INFORMATION SHOWN
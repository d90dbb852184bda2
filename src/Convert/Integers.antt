-- ===== src/Convert/Integers.antt =====
-- Time and byte order in src/common/convert.c.
use nemo_core.Prelude.{
  ℕ, ◌+◌, ◌*◌, ◌/◌, ◌%◌, ◌^◌, ◌<◌, ◌≡◌, ap, ap₂, ◌∙◌, bit_and, bit_or, ◌++◌, List, arith,
}
use nemo_core.Word.{u32, u64, shl, shr, or_shl, and_mask}
use mathlib.Core.List.{reverse}
use nemo_core.Convert.Bytes.{le_bytes}
use nemo_core.Convert.{Timespec, fnanos, tnanos, ByteOrder, IsByteOrder, htonll, ntohll}

-- A 64-bit count of nanoseconds is split by `fnanos` with less than a second left, and `tnanos`
-- undoes it.
pub tnanos-fnanos :
    (ns : ℕ) → ns < 2 ^ 64 → ((fnanos ns).tv_nsec < 1000000000) × (tnanos (fnanos ns) ≡ ns)
unfolding fnanos tnanos
tnanos-fnanos ns h = omega arith

-- The nanoseconds that a time is in all.
abbrev pub in_nanos : Timespec → ℕ
in_nanos t = t.tv_sec * 1000000000 + t.tv_nsec

-- `fnanos` splits a count of nanoseconds into whole seconds and less than a second.
pub fnanos_lem : (ns : ℕ) → ((fnanos ns).tv_nsec < 1000000000) × (in_nanos (fnanos ns) ≡ ns)
unfolding fnanos
fnanos_lem ns = omega arith

-- The body of `htonll` and `ntohll`, over the 32-bit conversion `f`: each half stays in its place.
by_words :
    (f : ℕ → ℕ)
    → ((x : ℕ) → x < 4294967296 → f x < 4294967296)
    → (x : ℕ) → x < 2 ^ 64
    → bit_or (f (u32 (bit_and x 0xffff_ffff))) (u64 (shl (f (u32 (shr x 32))) 32))
      ≡ f (x % 2 ^ 32) + f (x / 2 ^ 32) * 2 ^ 32
by_words f keeps x h =
    let low : u32 (bit_and x 0xffff_ffff) ≡ x % 2 ^ 32 = omega (arith, and_mask 32 x) in
    let high : u32 (shr x 32) ≡ x / 2 ^ 32 = omega arith in
    let fits : f (x / 2 ^ 32) < 4294967296 = keeps (x / 2 ^ 32) (omega arith) in
    let exact : u64 (shl (f (x / 2 ^ 32)) 32) ≡ shl (f (x / 2 ^ 32)) 32 = omega arith in
    rw (low, high, exact)
      (or_shl 32 (f (x % 2 ^ 32)) (f (x / 2 ^ 32)) (keeps (x % 2 ^ 32) (omega arith)))

module _ (bo : ByteOrder) (law : IsByteOrder bo) (x : ℕ) (h : x < 2 ^ 64) where
  pub htonll_lem : htonll bo x ≡ bo.htonl (x % 2 ^ 32) + bo.htonl (x / 2 ^ 32) * 2 ^ 32
  unfolding htonll
  htonll_lem = by_words bo.htonl law.htonl-lt x h

  pub ntohll_lem : ntohll bo x ≡ bo.ntohl (x % 2 ^ 32) + bo.ntohl (x / 2 ^ 32) * 2 ^ 32
  unfolding ntohll
  ntohll_lem = by_words bo.ntohl law.ntohl-lt x h

  pub htonll-lt : htonll bo x < 2 ^ 64
  htonll-lt = omega (
    arith,
    htonll_lem,
    law.htonl-lt (x % 2 ^ 32) (omega arith),
    law.htonl-lt (x / 2 ^ 32) (omega arith),
  )

pub ntohll-lt : (bo : ByteOrder) → IsByteOrder bo → (x : ℕ) → x < 2 ^ 64 → ntohll bo x < 2 ^ 64
ntohll-lt bo law x h = omega (
  arith,
  ntohll_lem bo law x h,
  law.ntohl-lt (x % 2 ^ 32) (omega arith),
  law.ntohl-lt (x / 2 ^ 32) (omega arith),
)

-- Whatever the byte order of the host, `ntohll` undoes `htonll` on every 64-bit integer.
pub ntohll-htonll :
    (bo : ByteOrder) → IsByteOrder bo → (x : ℕ) → x < 2 ^ 64 → ntohll bo (htonll bo x) ≡ x
ntohll-htonll bo law x h =
    let y : ℕ = htonll bo x in
    let lo : y % 2 ^ 32 ≡ bo.htonl (x % 2 ^ 32) =
      omega (arith, htonll_lem bo law x h, law.htonl-lt (x % 2 ^ 32) (omega arith)) in
    let hi : y / 2 ^ 32 ≡ bo.htonl (x / 2 ^ 32) =
      omega (arith, htonll_lem bo law x h, law.htonl-lt (x % 2 ^ 32) (omega arith)) in
    ntohll_lem bo law y (htonll-lt bo law x h)
    ∙ rw
        (
          lo,
          hi,
          law.ntohl-htonl (x % 2 ^ 32) (omega arith),
          law.ntohl-htonl (x / 2 ^ 32) (omega arith),
        )
        (omega arith)

-- The bytes of a number, the highest first.
abbrev pub be_bytes : ℕ → ℕ → List ℕ
be_bytes n x = reverse (le_bytes n x)

bytes_of_words : (a b : ℕ) → a < 2 ^ 32 → le_bytes 8 (a + b * 2 ^ 32) ≡ le_bytes 4 a ++ le_bytes 4 b
bytes_of_words a b h = ground arith

-- What memory holds after `htonll` on a little-endian host, whose `htonl` writes the highest byte
-- first, and on a big-endian host, whose `htonl` changes nothing. The first puts the low 32 bits
-- before the high 32 bits, the second the high 32 bits before the low, each word in network order.
pub htonll-wire :
    (le be : ByteOrder)
    → IsByteOrder le
    → IsByteOrder be
    → ((y : ℕ) → y < 2 ^ 32 → le_bytes 4 (le.htonl y) ≡ be_bytes 4 y)
    → ((y : ℕ) → y < 2 ^ 32 → be.htonl y ≡ y)
    → (x : ℕ) → x < 2 ^ 64
    → (le_bytes 8 (htonll le x) ≡ be_bytes 4 (x % 2 ^ 32) ++ be_bytes 4 (x / 2 ^ 32))
      × (be_bytes 8 (htonll be x) ≡ be_bytes 4 (x / 2 ^ 32) ++ be_bytes 4 (x % 2 ^ 32))
htonll-wire le be le_law be_law net same x h = (
  rw (htonll_lem le le_law x h) (
      bytes_of_words _ (le.htonl (x / 2 ^ 32)) (le_law.htonl-lt (x % 2 ^ 32) (omega arith))
      ∙ ap₂ ◌++◌ (net (x % 2 ^ 32) (omega arith)) (net (x / 2 ^ 32) (omega arith))),
  rw (htonll_lem be be_law x h, same (x % 2 ^ 32) (omega arith), same (x / 2 ^ 32) (omega arith))
      (ap reverse (bytes_of_words (x % 2 ^ 32) (x / 2 ^ 32) (omega arith))),
)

TASK STATEMENT
Output each line of the listing in which the string "IsByteOrder" is found.

WRITTEN ANSWER
use nemo_core.Convert.{Timespec, fnanos, tnanos, ByteOrder, IsByteOrder, htonll, ntohll}
module _ (bo : ByteOrder) (law : IsByteOrder bo) (x : ℕ) (h : x < 2 ^ 64) where
pub ntohll-lt : (bo : ByteOrder) → IsByteOrder bo → (x : ℕ) → x < 2 ^ 64 → ntohll bo x < 2 ^ 64
    (bo : ByteOrder) → IsByteOrder bo → (x : ℕ) → x < 2 ^ 64 → ntohll bo (htonll bo x) ≡ x
    → IsByteOrder le
    → IsByteOrder be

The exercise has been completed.